Actor Quaid testifies for the right to sue drug companies
FDA has supported pharmaceutical firms against suits
Quaid's comments came as he described a harrowing, near-fatal drug mix-up in which his newborn twins received 1,000 times the correct dose of the blood thinner heparin.
The actor said his family's brush with tragedy underscores the need to hold pharmaceutical companies accountable through lawsuits. That remedy is becoming increasingly problematic for injured consumers.
The drugmaker, Baxter Healthcare Corp., said it regrets that a product intended to save and sustain life was at the center of a medication error.
Beginning with the Bush administration, the Food and Drug Administration has stepped into lawsuits on the side of defendant pharmaceutical companies, arguing that federal regulation of drugs pre-empts state lawsuits.
"The regulatory cop is off the beat," Georgetown University law professor David Vladeck told the House Reform and Government Oversight Committee.
The issue of federal pre-emption of lawsuits against the drug industry will come before the Supreme Court this year in a case from Vermont.
The Quaid family is suing Baxter Healthcare, which is seeking dismissal of the case on grounds that the FDA approved the labeling.

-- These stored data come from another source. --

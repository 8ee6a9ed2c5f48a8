-- ===== src/Monitor/Tests.antt =====
-- The theorems on the monitor at a concrete processor and a concrete run.
use amd_ibs_toolkit.Base.{
  ℕ, ◌+◌, ◌*◌, ◌/◌, ◌≡◌, refl, arith, true, false, ◌==◌, if◌then◌else◌, none, some, List, [], ◌∷◌,
  ◌++◌, map, length,
}
use amd_ibs_toolkit.Text.{Bytes, codes}
use amd_ibs_toolkit.Driver.Device.{IbsOp, IbsFetch}
use amd_ibs_toolkit.Library.State.{System, some_ready}
use amd_ibs_toolkit.Library.Initialize.Descriptors.{closes}
use amd_ibs_toolkit.Decoder.Parse
use amd_ibs_toolkit.Decoder.Header.{output_op_header}
use amd_ibs_toolkit.Decoder.Entry.{output_op_entry}
use amd_ibs_toolkit.Decoder.Work.{do_op_work}
use amd_ibs_toolkit.Decoder.Stream.{decode_op_file}
use amd_ibs_toolkit.Decoder.Stream.Words.{encode_ops}
use amd_ibs_toolkit.Decoder.Stream.Lines.{concat}
use amd_ibs_toolkit.Monitor.Header.File.{decode_op_file-output_op_header}
use amd_ibs_toolkit.Monitor.Cpu.{Cpuid, cpu_family, cpu_model, check_amd_processor}
use amd_ibs_toolkit.Monitor.Cpu.{
  check_basic_ibs_support, check_ibs_op_support, check_ibs_fetch_support,
}
use amd_ibs_toolkit.Monitor.Online.{fill_out_online_cores}
use amd_ibs_toolkit.Monitor.Header
use amd_ibs_toolkit.Monitor.Header.RoundTrip.{op_features, parse_op_in_header-output_op_header}
use amd_ibs_toolkit.Monitor.Header.RoundTrip.{parse_fetch_in_header-output_fetch_header}
use amd_ibs_toolkit.Monitor.Header.Table.{do_op_work-aligned}
use amd_ibs_toolkit.Monitor.Sampling
use amd_ibs_toolkit.Monitor.Settings.{set_global_defaults, set_global_poll_percent}
use amd_ibs_toolkit.Monitor.Arguments
use amd_ibs_toolkit.Monitor.Arguments.Sound.{IsSound, parse_args-IsSound}
use amd_ibs_toolkit.Monitor.Program
use amd_ibs_toolkit.Monitor.Program.Counts.{main-ends}
use amd_ibs_toolkit.Monitor.Sampling.Statistics.{Counted}
use amd_ibs_toolkit.Monitor.Sampling.Descriptors.{occurs}

-- A processor of family 17h, model 1, with every bit of the IBS identifiers set.
abbrev zen : Cpuid
zen leaf =
    if leaf == 0
    then record { eax = 0xd; ebx = 0x68747541; ecx = 0x444D4163; edx = 0x69746E65 }
    else if leaf == 1
    then record { eax = 0x800f11; ebx = 0; ecx = 0; edx = 0 }
    else record { eax = 0x7ff; ebx = 0; ecx = 0x400; edx = 0 }

abbrev machine : List Bytes
machine =
    codes "AMD Processor Name: AMD Ryzen\n"
    ∷ codes "Memory Size: 15.6 GB\n"
    ∷ codes "Command line: ls -l \n"
    ∷ []

parse_op_in_header-output_op_header_example :
    Parse.parse_op_in_header (Header.op_header_lines zen machine) Parse.no_features
    ≡ op_features zen
unfolding Header.output_op_header check_amd_processor check_basic_ibs_support check_ibs_op_support
parse_op_in_header-output_op_header_example =
    parse_op_in_header-output_op_header zen machine (Header.op_header_lines zen machine) refl refl

parse_fetch_in_header-output_fetch_header_example :
    Parse.parse_fetch_in_header (Header.fetch_header_lines zen machine) Parse.no_features
    ≡ record Parse.no_features {
      family = cpu_family zen;
      model = cpu_model zen;
      fetch_ctl_ext = Header.deep_bit zen 9;
    }
unfolding Header.output_fetch_header check_amd_processor check_basic_ibs_support
    check_ibs_fetch_support
parse_fetch_in_header-output_fetch_header_example =
    parse_fetch_in_header-output_fetch_header zen machine (Header.fetch_header_lines zen machine)
      refl refl

abbrev op : IbsOp
op = record {
  op_ctl = 0x400;
  op_rip = 0x401000;
  op_data = 0;
  op_data2 = 0;
  op_data3 = 0;
  op_data4 = 0;
  dc_lin_ad = 0;
  dc_phys_ad = 0;
  br_target = 0;
  tsc = 9;
  cr3 = 0;
  tid = 1;
  pid = 1;
  cpu = 0;
  kern_mode = 0;
}

abbrev fetch : IbsFetch
fetch = record {
  fetch_ctl = 0;
  fetch_ctl_extd = 0;
  fetch_lin_ad = 0x401000;
  fetch_phys_ad = 0;
  tsc = 9;
  cr3 = 0;
  tid = 1;
  pid = 1;
  cpu = 0;
  kern_mode = 0;
}

do_op_work-aligned_example :
    let table = do_op_work (Header.op_header_lines zen machine) (op ∷ op ∷ []) in
    map length table.rows ≡ length table.columns ∷ length table.columns ∷ []
unfolding Header.output_op_header check_amd_processor check_basic_ibs_support check_ibs_op_support
    cpu_family
do_op_work-aligned_example =
    do_op_work-aligned zen machine (Header.op_header_lines zen machine) (op ∷ op ∷ []) refl refl
      refl

-- A trace of two samples, and a part of a third.
decode_op_file-output_op_header_example :
    decode_op_file
      (concat (Header.op_header_lines zen machine) ++ (encode_ops (op ∷ op ∷ []) ++ (1 ∷ 2 ∷ [])))
    ≡ record {
      columns = output_op_header (op_features zen);
      rows = map (output_op_entry (op_features zen)) (op ∷ op ∷ []);
    }
unfolding Header.output_op_header check_amd_processor check_basic_ibs_support check_ibs_op_support
decode_op_file-output_op_header_example =
    decode_op_file-output_op_header zen machine (Header.op_header_lines zen machine) (op ∷ op ∷ [])
      (1 ∷ 2 ∷ []) refl refl refl refl (omega arith)

-- `read` returns two structures of 104 bytes, and one sample was lost before each `GET_LOST`.
abbrev system : System
system = record {
  ioctl = λ calls fd cmd arg. some 1;
  open_device = λ calls flavor cpu. some (cpu + 3);
  read = λ calls fd bytes.
      some (record { bytes_read = 208; ops = λ (i : ℕ). op; fetches = λ (i : ℕ). fetch });
  select = λ calls fds timeout. some_ready;
  fd_isset = λ calls fd. true;
  is_cpu_online = λ cpu. true;
}

abbrev polls : List Sampling.Polled
polls = Sampling.nothing_ready ∷ Sampling.ready (λ (fd : ℕ). fd == 3) ∷ []

-- Two CPUs, of which the devices can be enabled, and two answers of `poll`.
abbrev willing : System
willing = record system { ioctl = λ calls fd cmd arg. some 0 }

abbrev surroundings : Program.Surroundings
surroundings = record {
  cpuid = zen;
  opens = λ name. true;
  op_machine = machine;
  fetch_machine = machine;
  num_cpus = 2;
  num_online_cpus = 2;
  online = codes "0-1\n";
  system = willing;
  scaled = λ size percent. size * percent / 100;
  environ = codes "HOME=/root" ∷ [];
  cpid = 77;
  polls = polls;
}

abbrev arguments : List Arguments.Argument
arguments = Arguments.op_file (codes "op.bin") ∷ Arguments.poll_percent (codes "50") ∷ []

abbrev accepted : Arguments.Arguments
accepted = record Program.no_arguments {
  settings = record set_global_defaults { poll_percent = 50 };
  opf = some (codes "op.bin");
  wants_op = true;
}

parse_args-IsSound_example : IsSound accepted
unfolding Arguments.parse_args set_global_poll_percent
parse_args-IsSound_example =
    parse_args-IsSound zen (λ name. true) arguments Program.no_arguments accepted
      (record { settings = refl; op_wanted = refl; fetch_wanted = refl }) refl

abbrev headers : Program.Headers
headers = record { op_header = some (Header.op_header_lines zen machine); fetch_header = none }

main-ends_example :
    let enabled = Program.enable_all surroundings accepted in
    (run : Program.Run) × (Program.main surroundings arguments ≡ some run)
    × Counted run.sampler
    × ((fd : ℕ)
        → closes fd run.sampler.calls
          ≡ closes fd enabled.1.calls + occurs fd (enabled.0.0 ++ enabled.0.1))
unfolding Arguments.parse_args set_global_poll_percent Program.output_headers
    Header.output_op_header check_amd_processor check_basic_ibs_support check_ibs_op_support
main-ends_example = main-ends surroundings arguments accepted headers refl refl refl

-- Single digits are read as they should be; each digit of a longer number counts as a CPU.
single_digits :
    map (fill_out_online_cores 8 4 (codes "0-2,5\n")) (0 ∷ 1 ∷ 2 ∷ 3 ∷ 5 ∷ [])
    ≡ true ∷ true ∷ true ∷ false ∷ true ∷ []
unfolding fill_out_online_cores
single_digits = refl

two_digits : map (fill_out_online_cores 16 4 (codes "12\n")) (2 ∷ 12 ∷ []) ≡ true ∷ true ∷ []
unfolding fill_out_online_cores
two_digits = refl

"Like many Americans, I believed that a big problem in our country was frivolous lawsuits," Quaid testified. "But now I know that the courts are often the only path to justice."
The committee's top Republican, Rep. Tom Davis of Virginia, sympathized with Quaid, saying that if this had happened to the Davis family, "I'd be suing everybody in sight." Apart from Quaid's case, Davis urged a middle ground between total pre-emption and unrestrained litigation.
The committee chairman, Rep. Henry Waxman, D-Calif., said that if manufacturers face no liability, all the financial incentives will point them in the wrong direction and that abusive practices will multiply.
Quaid told the committee his family's life-altering story began in November 2007 when twins Thomas and Zoe, at the time 12 days old, developed a staph infection and had to be hospitalized.
Quaid's children were mistakenly administered the wrong version of the blood thinner; two concentrations of the drug were bottled with similar labels and size. When rotated slightly as they often are when stored, the light blue 10-unit bottle and the 10,000-unit dark blue bottle are virtually indistinguishable, Quaid said.
The children recovered, though "we don't know what the longer-term effects will be," he said.